== Supplied information ==
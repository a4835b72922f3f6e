-- ===== src/Proxy/Dispatch.antt =====
-- src/proxy/mod.rs: `handle_request`, the one entry of every request, with the handlers' answers
-- printed as responses. The log line is left out.
pub mod Isolation
use zero_trust_proxy.Common.{ℕ, String, ◌==◌, Bool, ◌&&◌, Option, none, some, if◌then◌else◌}
use zero_trust_proxy.Error.{ProxyError, ok, err, ProxyResult}
use zero_trust_proxy.Db.{UserRow}
use zero_trust_proxy.World.{World, M, bind, ◌>>=◌, lift}
use zero_trust_proxy.Auth.Mfa.{Rng}
use zero_trust_proxy.Risk.{IpAddr}
use zero_trust_proxy.Proxy.Bodies.{
  BodyCodec, Payload, logged_in, registered, enrolled, mfa_verified, logged_out, revoked,
}
use zero_trust_proxy.Proxy.Server.{Platform, Request, ProxyServer}
use zero_trust_proxy.Proxy.Gate.{authorize}
use zero_trust_proxy.Proxy.Login.{handle_login}
use zero_trust_proxy.Proxy.Register.{handle_register}
use zero_trust_proxy.Proxy.MfaSetup.{handle_mfa_enroll, handle_mfa_verify}
use zero_trust_proxy.Proxy.Logout.{handle_logout, handle_logout_all}
use zero_trust_proxy.Proxy.Upstream.{
  Response, text_response, json_response, error_response, HttpClient, forward_upstream,
}

-- What is drawn at random for one request.
pub record Drawn : Type 0 where
  pub salt : String
  pub gen_range : Rng

unfoldable pub handle_metrics : Response
handle_metrics =
    text_response 200
      "# Zero-Trust Proxy Metrics\nztp_requests_total 0\nztp_auth_failures_total 0\n"

-- `result.unwrap_or_else(error_response)`.
abbrev pub or_error_response : BodyCodec → ProxyResult Response → Response
or_error_response bodies (ok response) = response
or_error_response bodies (err e) = error_response bodies e

abbrev pub is_post : Request → String → Bool
is_post req path = req.path == path && req.method == "POST"

module _ {Store F Backend : Type 0} (p : Platform Store F) (client : HttpClient Backend)
    (server : ProxyServer) (drawn : Drawn) where
  -- A handler whose answer is printed with a status.
  abbrev responding : {A : Type 0} → ℕ → (A → Payload) → M Store A → M Store Response
  responding status payload handler = do
    answer ← handler
    lift (json_response p.bodies status (payload answer))

  -- A handler that has nothing to do with the backend.
  abbrev local :
      M Store Response → World Store → Backend → ProxyResult Response × World Store × Backend
  local handler w backend = let (answer, w') = handler w in (answer, w', backend)

  abbrev after_gate :
      Request
      → ProxyResult (Unit {0}) × World Store
      → Backend
      → ProxyResult Response × World Store × Backend
  after_gate req (ok _, w) backend =
      let (answer, backend') = forward_upstream client server req backend in (answer, w, backend')
  after_gate req (err e, w) backend = (err e, w, backend)

  unfoldable pub gated :
      IpAddr → Request → World Store → Backend → ProxyResult Response × World Store × Backend
  gated remote req w backend =
      after_gate req (authorize p server req.method req.path remote req w) backend

  abbrev registered_row : UserRow → Payload
  registered_row user = registered user.id user.username user.email

  -- The handler of the path and the method, for the paths that have one of their own.
  unfoldable pub auth_handler : IpAddr → Request → Option (M Store Response)
  auth_handler remote req =
      if is_post req "/auth/login"
      then some (responding 200 logged_in (handle_login p server remote req))
      else if is_post req "/auth/register"
      then some (responding 201 registered_row (handle_register p remote drawn.salt req))
      else if is_post req "/auth/mfa/enroll"
      then some (responding 200 enrolled (handle_mfa_enroll p server drawn.gen_range req))
      else if is_post req "/auth/mfa/verify"
      then some (responding 200 (λ _. mfa_verified) (handle_mfa_verify p server remote req))
      else if is_post req "/auth/logout"
      then some (responding 200 (λ _. logged_out) (handle_logout p server req))
      else if is_post req "/auth/logout_all"
      then some (responding 200 revoked (handle_logout_all p server req))
      else none

  unfoldable pub routed :
      IpAddr → Request → World Store → Backend → ProxyResult Response × World Store × Backend
  routed remote req = elim (auth_handler remote req) [
    | some handler ↦ local handler
    | none ↦ gated remote req
  ]

  abbrev pub answered :
      ProxyResult Response × World Store × Backend → Response × World Store × Backend
  answered (r, w, backend) = (or_error_response p.bodies r, w, backend)

  unfoldable pub handle_request :
      IpAddr → Request → World Store → Backend → Response × World Store × Backend
  handle_request remote req w backend =
      if req.path == "/health"
      then (text_response 200 "OK", w, backend)
      else if req.path == "/metrics"
      then (handle_metrics, w, backend)
      else answered (routed remote req w backend)
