-- ===== src/Proxy/Upstream/Passing.antt =====
-- src/proxy/mod.rs: which headers `forward_upstream` passes on.
use zero_trust_proxy.Common.{◌≡◌, String, ◌==◌, List, [], ◌∷◌, eq_iff, if◌then◌else◌, arith}
use zero_trust_proxy.Proxy.Server.{Headers, HeaderValue}
use zero_trust_proxy.Proxy.Upstream.{without_host}

-- All values of a header, in their order.
pub values : String → Headers → List HeaderValue
values name [] = []
values name ((k, v) ∷ rest) = let vs = values name rest in if k == name then v ∷ vs else vs

-- The values of a header are passed on, but for those of `host`, of which there is none.
abbrev pub Carries : String → Headers → Headers → Type 0
Carries name headers sent = values name sent ≡ (if name == "host" then [] else values name headers)

pub without_host-Carries :
    (name : String) (headers : Headers) → Carries name headers (without_host headers)
unfolding values without_host
without_host-Carries name [] = ground arith
without_host-Carries name ((k, v) ∷ rest) =
    ground
      (arith, without_host-Carries name rest, eq_iff k "host", eq_iff k name, eq_iff name "host")
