-- ===== src/Proxy/Dispatch/Isolation.antt =====
-- src/proxy/mod.rs: what reaches the backend, and what does not.
use Prim.Native.String.{◌++◌ as ◌<>◌}
use zero_trust_proxy.Common.{
  ◌≡◌, refl, String, ◌==◌, Bool, true, false, ◌||◌, Option, none, some, ◌⊎◌, inl, inr, arith,
  unwrap_or, ◌≤◌, Bool-cases, Option-cases,
}
use zero_trust_proxy.Common.Text.{trim_end_matches}
use zero_trust_proxy.Error.{ProxyError, ok, err, Result, Result-cases, status_code}
use zero_trust_proxy.Error.Status.{status_code_range}
use zero_trust_proxy.Proxy.Bodies.{BodyCodec}
use zero_trust_proxy.World.{World, M}
use zero_trust_proxy.World.Monad.{step-cases}
use zero_trust_proxy.Risk.{IpAddr}
use zero_trust_proxy.Proxy.Server.{Platform, Request, ProxyServer, visible, get_header}
use zero_trust_proxy.Proxy.Gate.{authorize}
use zero_trust_proxy.Proxy.Upstream.Passing.{Carries, without_host-Carries}
use zero_trust_proxy.Proxy.Upstream.{
  Response, error_response, HttpClient, UpstreamRequest, UpstreamResponse, received,
  upstream_request, forward_upstream, without_host,
}
use zero_trust_proxy.Proxy.Dispatch.{
  Drawn, is_post, auth_handler, gated, routed, handle_request, answered, or_error_response,
}

-- The requests that the server answers itself.
abbrev pub is_own : Request → Bool
is_own req =
    (req.path == "/health" || req.path == "/metrics")
    || (is_post req "/auth/login" || is_post req "/auth/register")
    || (is_post req "/auth/mfa/enroll" || is_post req "/auth/mfa/verify")
    || (is_post req "/auth/logout" || is_post req "/auth/logout_all")

-- The response that stands for an answer of the backend.
abbrev pub RelayedBody : UpstreamResponse → Option String → Response → Type 0
RelayedBody r none response = response.status ≡ 500
RelayedBody r (some body) response =
    (response.status ≡ r.status) × (response.headers ≡ r.headers) × (response.body ≡ body)

abbrev pub Relayed : Result String UpstreamResponse → Response → Type 0
Relayed (err e) response = response.status ≡ 500
Relayed (ok r) response = RelayedBody r r.body response

received_lem :
    (bodies : BodyCodec) (r : UpstreamResponse) (body : Option String)
    → r.body ≡ body
    → RelayedBody r body (or_error_response bodies (received (ok r)))
unfolding received error_response status_code
received_lem bodies r none h = rw h refl
received_lem bodies r (some body) h = rw h (refl, refl, refl)

received-Relayed :
    (bodies : BodyCodec) (answer : Result String UpstreamResponse)
    → Relayed answer (or_error_response bodies (received answer))
unfolding received error_response status_code
received-Relayed bodies (err e) = refl
received-Relayed bodies (ok r) = received_lem bodies r r.body refl

module _ {Store F Backend : Type 0} (p : Platform Store F) (client : HttpClient Backend)
    (server : ProxyServer) (drawn : Drawn) (remote : IpAddr) where
  -- One request was sent: with the method, the target, the body and the headers but for `host` of
  -- an authorized request that is not the server's own.
  pub record Forwarded (req : Request) (w : World Store) (backend backend' : Backend) : Type 0 where
    pub not_own : is_own req ≡ false
    pub authorized : (authorize p server req.method req.path remote req w).0 ≡ ok tt
    pub out : UpstreamRequest
    pub same_method : out.method ≡ req.method
    pub same_body : req.body ≡ some out.body
    pub same_headers : out.headers ≡ without_host req.headers
    pub no_host : (name : String) → Carries name req.headers out.headers
    pub target :
        client.parse_uri (
          trim_end_matches b'/' server.config.upstream.default_backend
          <> unwrap_or req.path_and_query "/")
        ≡ some out.uri
    pub sent : backend' ≡ (client.request out backend).1

  upstream_request-ok :
      (req : Request) (out : UpstreamRequest)
      → upstream_request client server req ≡ ok out
      → (out.method ≡ req.method)
        × (req.body ≡ some out.body)
        × (out.headers ≡ without_host req.headers)
        × (client.parse_uri (
              trim_end_matches b'/' server.config.upstream.default_backend
              <> unwrap_or req.path_and_query "/")
            ≡ some out.uri)
  unfolding upstream_request
  upstream_request-ok req out h = elim (Option-cases req.body) [
    | inl q ↦ absurd (ground arith)
    | inr (body, q) ↦
        elim (Option-cases (
          client.parse_uri (
            trim_end_matches b'/' server.config.upstream.default_backend
            <> unwrap_or req.path_and_query "/"))) [
              | inl r ↦ absurd (ground arith)
              | inr (uri, r) ↦ (ground arith, ground arith, ground arith, ground arith)
            ]
  ]

  gated_backend :
      (req : Request) (w : World Store) (backend : Backend)
      → is_own req ≡ false
      → ((gated p client server drawn remote req w backend).2 ≡ backend)
        ⊎ Forwarded req w backend (gated p client server drawn remote req w backend).2
  unfolding gated forward_upstream
  gated_backend req w backend other =
      elim (step-cases (authorize p server req.method req.path remote req w)) [
        | inr (e, w', q) ↦ inl (ground arith)
        | inl (_, w', q) ↦ elim (Result-cases (upstream_request client server req)) [
          | inr (e, r) ↦ inl (ground arith)
          | inl (out, r) ↦
              let (m, b, h, t) = upstream_request-ok req out r in
              inr (record {
                not_own = other;
                authorized = ground arith;
                out = out;
                same_method = m;
                same_body = b;
                same_headers = h;
                no_host = λ name. rw h (without_host-Carries name req.headers);
                target = t;
                sent = ground arith;
              })
        ]
      ]

  -- Only a request of the server's own has a handler, or is answered at once.
  own_handler :
      (req : Request) (handler : M Store Response)
      → auth_handler p client server drawn remote req ≡ some handler
      → is_own req ≡ true
  unfolding auth_handler
  own_handler req handler h = ground arith

  other_handler :
      (req : Request)
      → auth_handler p client server drawn remote req ≡ none
      → (req.path == "/health") ≡ false
      → (req.path == "/metrics") ≡ false
      → is_own req ≡ false
  unfolding auth_handler
  other_handler req h health metrics = ground arith

  routed_backend :
      (req : Request) (w : World Store) (backend : Backend)
      → (req.path == "/health") ≡ false
      → (req.path == "/metrics") ≡ false
      → ((routed p client server drawn remote req w backend).2 ≡ backend)
        ⊎ Forwarded req w backend (routed p client server drawn remote req w backend).2
  unfolding routed
  routed_backend req w backend health metrics =
      elim (Option-cases (auth_handler p client server drawn remote req)) [
        | inr (handler, q) ↦ inl (rw (q, routed) refl)
        | inl q ↦ rw (q, routed) (gated_backend req w backend (other_handler req q health metrics))
      ]

  -- A request leaves the backend alone, or it is authorized and none of the server's own, and the
  -- backend has got one request: its method, its body, its headers but the host, and its path and
  -- query behind the address of the backend.
  pub handle_request-Forwarded :
      (req : Request) (w : World Store) (backend : Backend)
      → ((handle_request p client server drawn remote req w backend).2 ≡ backend)
        ⊎ Forwarded req w backend (handle_request p client server drawn remote req w backend).2
  unfolding handle_request
  handle_request-Forwarded req w backend = elim (Bool-cases (req.path == "/health")) [
    | inl health ↦ inl (rw health refl)
    | inr health ↦ elim (Bool-cases (req.path == "/metrics")) [
      | inl metrics ↦ inl (rw (health, metrics) refl)
      | inr metrics ↦ rw (health, metrics) (routed_backend req w backend health metrics)
    ]
  ]

  -- The answer to a request that is not the server's own is the gate's.
  handle_request-gated :
      (req : Request) (w : World Store) (backend : Backend)
      → is_own req ≡ false
      → handle_request p client server drawn remote req w backend
        ≡ answered p client server drawn (gated p client server drawn remote req w backend)
  unfolding handle_request routed
  handle_request-gated req w backend other =
      let health : (req.path == "/health") ≡ false = ground arith in
      let metrics : (req.path == "/metrics") ≡ false = ground arith in
      elim (Option-cases (auth_handler p client server drawn remote req)) [
        | inr (handler, q) ↦ let own = own_handler req handler q in absurd (ground arith)
        | inl q ↦ rw (health, metrics, q, routed) refl
      ]

  -- A request that is not the server's own and that the gate refuses is answered with the status of
  -- the refusal, between 400 and 599, as JSON; the backend hears nothing of it.
  pub handle_request_refused :
      (req : Request) (e : ProxyError) (w w' : World Store) (backend : Backend)
      → is_own req ≡ false
      → authorize p server req.method req.path remote req w ≡ (err e, w')
      → (response : Response) × (handle_request p client server drawn remote req w backend
          ≡ (response, w', backend))
        × (response.status ≡ status_code e)
        × (400 ≤ response.status)
        × (response.status ≤ 599)
        × (get_header "content-type" response.headers ≡ some (visible "application/json"))
  unfolding gated error_response get_header
  handle_request_refused req e w w' backend other h =
      let same = handle_request-gated req w backend other in
      let (low, high, _) = status_code_range e in
      let kept : (error_response p.bodies e).status ≡ status_code e = ground arith in
      (
        error_response p.bodies e,
        rw (same, h) refl,
        kept,
        omega (arith, kept),
        omega (arith, kept),
        refl,
      )

  -- A request that is not the server's own and that the gate lets through reaches the backend, if
  -- its body can be read and its target is a URI; the answer is what the backend replied, with its
  -- status, headers and body, and 500 if there is none.
  pub handle_request_forwarded :
      (req : Request) (out : UpstreamRequest) (w w' : World Store) (backend : Backend)
      → is_own req ≡ false
      → authorize p server req.method req.path remote req w ≡ (ok tt, w')
      → upstream_request client server req ≡ ok out
      → ((handle_request p client server drawn remote req w backend).1 ≡ w')
        × ((handle_request p client server drawn remote req w backend).2
            ≡ (client.request out backend).1)
        × Relayed
            (client.request out backend).0
            (handle_request p client server drawn remote req w backend).0
  unfolding gated forward_upstream
  handle_request_forwarded req out w w' backend other h q =
      let same = handle_request-gated req w backend other in
      rw (same, h, q) (refl, refl, received-Relayed p.bodies (client.request out backend).0)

== Problem statement ==
For the string "none", search the preceding data and copy every line that includes it.

== Answer to the problem ==
use zero_trust_proxy.Common.{ℕ, String, ◌==◌, Bool, ◌&&◌, Option, none, some, if◌then◌else◌}
      else none
    | none ↦ gated remote req
-- The values of a header are passed on, but for those of `host`, of which there is none.
  ◌≡◌, refl, String, ◌==◌, Bool, true, false, ◌||◌, Option, none, some, ◌⊎◌, inl, inr, arith,
RelayedBody r none response = response.status ≡ 500
received_lem bodies r none h = rw h refl
      → auth_handler p client server drawn remote req ≡ none
  -- A request leaves the backend alone, or it is authorized and none of the server's own, and the
  -- status, headers and body, and 500 if there is none.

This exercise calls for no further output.